I have the server up and running, but cannot get the mailserver figured. It cannot send. 

I have Ubuntu 9.10
apache2
postfix
started with courier IMAP but also have dovecot
ISP comcast ( i do have a static IP)


Let me know what other information you need, I am new to the linux world, so please bear with me. Thanks

--S


----------



## wmorri (May 29, 2008)

*Re: mail mail everywhere, and not a single sent*

Hi,

Welcome to the world of linux and the server world. Let me say this, there isn't a lot of difference between the linux world and the windows world as far as servers is concerned. The main difference as I am sure that you are seeing is finding things, and also what commands to type. 

I will try and find some information for setting up your mail server. I can see that you are using postfix. It might take me a day or so to find something that is suitable. If you could give me some information as to the number of users that you are going to need and what your time frame is that would be a great help.

Cheers!


----------



## Stingray1969vet (May 21, 2005)

*Re: mail mail everywhere, and not a single sent*

time frame, not a huge deal, the sites I will be hosting are currently running on another linux box now, and are online as we speak. With that said, my host with these is charging me more and more a month to host them, so sooner the better. starting out there will be 3 virtual servers running, and maybe 20 mail users. to let you know where I am at I was following this guide in setting it up.http://flurdy.com/docs/postfix/. I am actually to the first test stage, but courier IMAP is not functioning properly, and Dovecot came already installed.
I am a little more familiar with dovecot as well, that is what I have been using on my hosts server.

I wonder if I should start over and install ubuntu 8.04 instead.

I definetly like linux over windows, it is amazing to be able to stop/start/install pakages with out a reboot.
obviously I would rather fix what i have.


----------



## wmorri (May 29, 2008)

*Re: mail mail everywhere, and not a single sent*

Hi,

What is your host using for a linux setup? You might want to go with a setup that you know aswell. If your host is using 8.04 then you can use it, though you might want to have a look at 9.04, there will be a lot of updates but it isn't on the edge anymore.

Cheers!


----------



## Stingray1969vet (May 21, 2005)

*Re: mail mail everywhere, and not a single sent*

My host now is using a 8.xx ubuntu. I donot know the exact release.

However I never have done setup on it, I only do maintenance. and database maintenance.

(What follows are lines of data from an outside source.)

-- ===== src/Ingest/Dedup/Laws.antt =====
-- Which keys a mark sets, and which later messages it makes duplicates.
use Prim.Native.Char.{Char, code}
use Prim.Native.String
use text.Mathlib.TextLemmas.{cons-append}
use prompt_flow_ai.Prelude.{
  ℕ, ◌+◌, ◌<◌, ◌≡◌, ◌≢◌, ◌⊎◌, refl, ap, sym, ◌∙◌, String, Bool, true, false, ◌||◌, Option, none,
  some, List, [], ◌∷◌, ◌++◌, any, arith, inl, inr, Bool-cases, str_eq, eq_iff, eq_refl,
}
use prompt_flow_ai.Redis.{Redis, Service, exists, setex, exists-setex, empty, exists-empty}
use prompt_flow_ai.Ingest.Mail.{Settings}
use prompt_flow_ai.Ingest.Dedup.{
  dedup_key, key_if, key_of_option, reference_keys, ref_keys, strip_angles, split_words,
  keys_to_check, is_duplicate, set_reply, mark_processed,
}

-- The four prefixes differ in their third letter.
abbrev third_code : String → ℕ
third_code (String.◌∷◌ a (String.◌∷◌ b (String.◌∷◌ c s))) = code c
third_code s = 0

third_code-append :
    (a b c : Char) (s t : String)
    → third_code (String.◌++◌ (String.◌∷◌ a (String.◌∷◌ b (String.◌∷◌ c s))) t) ≡ code c
third_code-append a b c s t = ap third_code (
    cons-append a (String.◌∷◌ b (String.◌∷◌ c s)) t
    ∙ ap (String.◌∷◌ a) (cons-append b (String.◌∷◌ c s) t ∙ ap (String.◌∷◌ b) (cons-append c s t)))

msgid_code : (a : String) → third_code (dedup_key a "msgid") ≡ 103
msgid_code a = third_code-append "m" "s" "g" "id" (String.◌++◌ ":" a)

idem_code : (a : String) → third_code (dedup_key a "idem") ≡ 101
idem_code a = third_code-append "i" "d" "e" "m" (String.◌++◌ ":" a)

reply_code : (a : String) → third_code (dedup_key a "reply") ≡ 112
reply_code a = third_code-append "r" "e" "p" "ly" (String.◌++◌ ":" a)

ref_code : (a : String) → third_code (dedup_key a "ref") ≡ 102
ref_code a = third_code-append "r" "e" "f" "" (String.◌++◌ ":" a)

-- Keys whose third letters differ are told apart.
apart : (s t : String) → third_code s ≢ third_code t → str_eq s t ≡ false
apart s t h = elim (Bool-cases (str_eq s t)) [
  | inl e ↦ absurd (h (ap third_code ((eq_iff s t).0 e)))
  | inr e ↦ e
]

msgid_apart : (a b : String) → str_eq (dedup_key a "msgid") (dedup_key b "ref") ≡ false
msgid_apart a b = apart _ _ (omega (arith, msgid_code a, ref_code b))

idem_apart : (a b : String) → str_eq (dedup_key a "idem") (dedup_key b "ref") ≡ false
idem_apart a b = apart _ _ (omega (arith, idem_code a, ref_code b))

reply_apart : (a b : String) → str_eq (dedup_key a "reply") (dedup_key b "ref") ≡ false
reply_apart a b = apart _ _ (omega (arith, reply_code a, ref_code b))

-- A mark never sets a key of the `ref` prefix.
mark_processed-ref :
    (c : Settings) (now t : ℕ) (m i : String) (reply : Option String) (v : String) (r : Redis)
    → exists t (dedup_key v "ref") (mark_processed c now m i reply r)
      ≡ exists t (dedup_key v "ref") r
unfolding mark_processed
mark_processed-ref c now t m i none v r = simp (exists-setex, msgid_apart, idem_apart)
mark_processed-ref c now t m i (some parent) v r = elim (Bool-cases (str_eq parent "")) [
  | inl e ↦ rw e (simp (exists-setex, msgid_apart, idem_apart))
  | inr e ↦ rw e (simp (exists-setex, msgid_apart, idem_apart, reply_apart))
]

-- The store after a sequence of marks, the latest last.
pub data Mark : Type 0 where
  mark : (now : ℕ) (message_id idempotency_key : String) (in_reply_to : Option String) → Mark

unfoldable pub after_marks : Settings → List Mark → Redis → Redis
after_marks c [] r = r
after_marks c (mark now m i reply ∷ marks) r =
    after_marks c marks (mark_processed c now m i reply r)

after_marks-ref :
    (c : Settings) (marks : List Mark) (t : ℕ) (v : String) (r : Redis)
    → exists t (dedup_key v "ref") (after_marks c marks r) ≡ exists t (dedup_key v "ref") r
unfolding after_marks
after_marks-ref c [] t v r = refl
after_marks-ref c (mark now m i reply ∷ marks) t v r =
    after_marks-ref c marks t v (mark_processed c now m i reply r)
    ∙ mark_processed-ref c now t m i reply v r

any-append : (p : String → Bool) (xs ys : List String) → any p (xs ++ ys) ≡ (any p xs || any p ys)
any-append p [] ys = refl
any-append p (x ∷ xs) ys = ground (arith, any-append p xs ys)

ref_keys_free :
    (p : String → Bool) (refs : List String)
    → ((v : String) → p (dedup_key v "ref") ≡ false)
    → any p (ref_keys refs) ≡ false
unfolding ref_keys
ref_keys_free p [] h = refl
ref_keys_free p (ref ∷ refs) h = elim (Bool-cases (str_eq (strip_angles ref) "")) [
  | inl e ↦ rw e (ref_keys_free p refs h)
  | inr e ↦ rw e (rw (h (strip_angles ref)) (ref_keys_free p refs h))
]

reference_keys_free :
    (p : String → Bool) (refs : Option String)
    → ((v : String) → p (dedup_key v "ref") ≡ false)
    → any p (reference_keys refs) ≡ false
unfolding reference_keys
reference_keys_free p none h = refl
reference_keys_free p (some s) h = ref_keys_free p (split_words s) h

keys_any :
    (p : String → Bool) (m i : String) (reply refs : Option String)
    → any p (keys_to_check m i reply refs) ≡ (
        ((any p (key_if m "msgid") || any p (key_if i "idem"))
          || any p (key_of_option reply "reply"))
        || any p (reference_keys refs))
unfolding keys_to_check
keys_any p m i reply refs = simp any-append

-- The References header never makes a message a duplicate: in the store that any sequence of marks leaves, the check
-- answers the same with the header and without it.
pub references_never_match :
    (c : Settings) (service : Service) (marks : List Mark) (now : ℕ) (m i : String)
    (reply refs : Option String)
    → let r = after_marks c marks (empty service) in
      is_duplicate now m i reply refs r ≡ is_duplicate now m i reply none r
unfolding is_duplicate
references_never_match c service marks now m i reply refs =
    let r = after_marks c marks (empty service) in
    let p : String → Bool = λ k. exists now k r in
    let free : (v : String) → p (dedup_key v "ref") ≡ false = λ v.
      after_marks-ref c marks now v (empty service)
      ∙ exists-empty service now (dedup_key v "ref") in
    keys_any p m i reply refs
    ∙ ap
        (λ b.
          ((any p (key_if m "msgid") || any p (key_if i "idem"))
            || any p (key_of_option reply "reply"))
          || b)
        (reference_keys_free p refs free)
    ∙ sym (keys_any p m i reply none)

found_among :
    (p : String → Bool) (m i : String) (reply refs : Option String)
    → (any p (key_if m "msgid") ≡ true)
      ⊎ (any p (key_if i "idem") ≡ true)
      ⊎ (any p (key_of_option reply "reply") ≡ true)
    → any p (keys_to_check m i reply refs) ≡ true
found_among p m i reply refs h = rw keys_any (ground arith)

key_if-any :
    (p : String → Bool) (v prefix : String)
    → v ≢ ""
    → p (dedup_key v prefix) ≡ true
    → any p (key_if v prefix) ≡ true
unfolding key_if
key_if-any p v prefix ne h = elim (Bool-cases (str_eq v "")) [
  | inl e ↦ absurd (ne ((eq_iff v "").0 e))
  | inr e ↦ rw e (rw h)
]

alive_after :
    (t now ttl : ℕ) (k j : String) (r : Redis)
    → t < now + ttl
    → exists t j r ≡ true
    → exists t j (setex now k ttl r) ≡ true
alive_after t now ttl k j r lt h = rw exists-setex (ground arith)

set_self :
    (t now ttl : ℕ) (k : String) (r : Redis) → t < now + ttl → exists t k (setex now k ttl r) ≡ true
set_self t now ttl k r lt = rw exists-setex (rw eq_refl (ground arith))

set_reply_keeps :
    (t now ttl : ℕ) (reply : Option String) (j : String) (r : Redis)
    → t < now + ttl
    → exists t j r ≡ true
    → exists t j (set_reply now ttl reply r) ≡ true
unfolding set_reply
set_reply_keeps t now ttl none j r lt h = h
set_reply_keeps t now ttl (some parent) j r lt h = elim (Bool-cases (str_eq parent "")) [
  | inl e ↦ rw e h
  | inr e ↦ rw e (alive_after t now ttl (dedup_key parent "reply") j r lt h)
]

module _ (c : Settings) (now t : ℕ) (m i : String) (reply : Option String) (r : Redis)
    (lt : t < now + c.redis_dedup_ttl_seconds) where
  msgid_marked : exists t (dedup_key m "msgid") (mark_processed c now m i reply r) ≡ true
  unfolding mark_processed
  msgid_marked =
      let ttl = c.redis_dedup_ttl_seconds in
      set_reply_keeps t now ttl reply (dedup_key m "msgid") _ lt (
        alive_after t now ttl (dedup_key i "idem") (dedup_key m "msgid") _ lt
          (set_self t now ttl (dedup_key m "msgid") r lt))

  idem_marked : exists t (dedup_key i "idem") (mark_processed c now m i reply r) ≡ true
  unfolding mark_processed
  idem_marked =
      let ttl = c.redis_dedup_ttl_seconds in
      set_reply_keeps t now ttl reply (dedup_key i "idem") _ lt
        (set_self t now ttl (dedup_key i "idem") (setex now (dedup_key m "msgid") ttl r) lt)

reply_marked :
    (c : Settings) (now t : ℕ) (m i parent : String) (r : Redis)
    → t < now + c.redis_dedup_ttl_seconds
    → parent ≢ ""
    → exists t (dedup_key parent "reply") (mark_processed c now m i (some parent) r) ≡ true
unfolding mark_processed set_reply
reply_marked c now t m i parent r lt ne = elim (Bool-cases (str_eq parent "")) [
  | inl e ↦ absurd (ne ((eq_iff parent "").0 e))
  | inr e ↦ rw e (set_self t now c.redis_dedup_ttl_seconds (dedup_key parent "reply") _ lt)
]

-- A later message repeats an earlier one: by its Message-ID, its idempotency key, or the message that it replies to.
abbrev pub Repeats :
    (m i : String) (reply : Option String) (m' i' : String) (reply' : Option String) → Type 0
Repeats m i reply m' i' reply' =
    ((m' ≡ m) × (m ≢ ""))
    ⊎ ((i' ≡ i) × (i ≢ ""))
    ⊎ ((parent : String) × (reply ≡ some parent) × (reply' ≡ some parent) × (parent ≢ ""))

-- While its mark lives, a processed message makes every later message a duplicate that has its Message-ID, its
-- idempotency key, or its In-Reply-To: also another reply to the same message.
pub is_duplicate-mark_processed :
    (c : Settings) (now t : ℕ) (m i : String) (reply : Option String) (m' i' : String)
    (reply' refs : Option String) (r : Redis)
    → t < now + c.redis_dedup_ttl_seconds
    → Repeats m i reply m' i' reply'
    → is_duplicate t m' i' reply' refs (mark_processed c now m i reply r) ≡ true
unfolding is_duplicate
is_duplicate-mark_processed c now t m i reply m' i' reply' refs r lt (inl (e, ne)) =
    let p : String → Bool = λ k. exists t k (mark_processed c now m i reply r) in
    found_among p m' i' reply' refs
      (inl (rw e (key_if-any p m "msgid" ne (msgid_marked c now t m i reply r lt))))
is_duplicate-mark_processed c now t m i reply m' i' reply' refs r lt (inr (inl (e, ne))) =
    let p : String → Bool = λ k. exists t k (mark_processed c now m i reply r) in
    found_among p m' i' reply' refs
      (inr (inl (rw e (key_if-any p i "idem" ne (idem_marked c now t m i reply r lt)))))
is_duplicate-mark_processed c now t m i reply m' i' reply' refs r lt
      (inr (inr (parent, e, e', ne))) =
    let p : String → Bool = λ k. exists t k (mark_processed c now m i reply r) in
    let same : p (dedup_key parent "reply") ≡ true =
      rw e (reply_marked c now t m i parent r lt ne) in
    found_among p m' i' reply' refs
      (inr (inr (rw e' (unfold key_of_option in key_if-any p parent "reply" ne same))))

So, are you recommending that I should scrap what I got and start over to an earlier version?

--S


----------



## wmorri (May 29, 2008)

*Re: mail mail everywhere, and not a single sent*

Hi,

No I am not saying that you should scrap it for a different version of Ubuntu. If stuff is working fine and you like 9.10 then by all means stick with it. I was just curious as to what your host uses, because if it is working for them and you like it then maybe you should try switching out different products. Such as you said that you were more familair with a different mail program. You could try switching to that program and seeing if it worked better for you, that was all.


----------



## Stingray1969vet (May 21, 2005)

*Re: mail mail everywhere, and not a single sent*

ok, let me give an update. 

I have Ubuntu 9.10
apache2
postfix
dovecot imap/pop3 (will deal with this at a later time, first things first.)
ISP comcast ( i do have a static IP)


I had the webserver up and running and running well. Then I decided I needed to enable mod_rewrite. Did so using thishttp://www.mysql-apache-php.com/it seems to be a very comprehensive guide. I have done everything for the rewrite module, except the .htaccess file. Am I suppose to create one, or is there one I am suppose to modify? If I am to create or modify, what do I put in this file? Or is this guy full of poop?

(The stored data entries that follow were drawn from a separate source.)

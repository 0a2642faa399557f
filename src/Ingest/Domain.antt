-- ===== src/Ingest/Domain.antt =====
-- `_validate_domain` of module2-email-worker/app/worker.py, and the sender's validator of
-- app/models/events.py.
pub mod Laws
use Prim.Native.String
use prompt_flow_ai.Prelude.{
  ℕ, ◌≡◌, refl, String, Bool, true, false, ◌&&◌, List, [], ◌∷◌, ◌++◌, arith, non_empty, ◌==◌,
  if◌then◌else◌,
}
use prompt_flow_ai.Prelude.Text.{
  Text, codes, lower, lower_code, strip, ends_with, contains, starts_with, text_eq, text_eq_iff,
}
use prompt_flow_ai.Ingest.Mail.{Settings, settings}

unfoldable pub validate_domain : Settings → Text → Bool
unfolding lower strip ends_with
validate_domain c email_address =
    if non_empty email_address
    then ends_with (codes (String.◌++◌ "@" c.allowed_domain)) (strip (lower email_address))
    else false

-- `sender_must_be_srmap`
unfoldable pub sender_must_be_srmap : Text → Bool
unfolding lower contains
sender_must_be_srmap v = contains (codes "@srmap.edu.in") (lower v)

Any suggestions would be great.


----------



## wmorri (May 29, 2008)

*Re: mail mail everywhere, and not a single sent*

Hi,

Right now, I wouldn't worry to much about he .htaccess file. I don't use one on my webservers that I setup but that doesn't mean that you shouldn't. We can jump through that hurdle after you are sure that your server is running the way you want.

Cheers!


----------



## Stingray1969vet (May 21, 2005)

*Re: mail mail everywhere, and not a single sent*

After I enabled the Module Rewrite, I get the 404 not found when i browse to it. It says below it "Apache Server at 173.15.XX.XXX Port 80", so I know Apache is running correctly. I double and triple checked my document folders for the virtual servers, but nadda. what in the world did I do wrong?


----------



## wmorri (May 29, 2008)

*Re: mail mail everywhere, and not a single sent*

Hi,

The author of the site you are learning from has a step for that in the tutorial. Have a look at it and try what he recommends then we can go from there.

Cheers!


----------



## Stingray1969vet (May 21, 2005)

*Re: mail mail everywhere, and not a single sent*

I have done what is instructed in the site directly under the mod rewrite instructions, but I have not uploaded any .htaccess files. Which brings me to my last question, is that why it isn't working for me? I am boggled.


----------



## wmorri (May 29, 2008)

*Re: mail mail everywhere, and not a single sent*

Hi,

It does seem that you need to set up a .htaccess file. I don't know if you have ever set one up before. If not just do a google search for .htaccess and you should find what you need there.

Cheers!


----------



## Stingray1969vet (May 21, 2005)

*Re: mail mail everywhere, and not a single sent*

okie dokie, 

I decided to start over, I now have the ubuntu 8.04 lts up and running, mail server and all.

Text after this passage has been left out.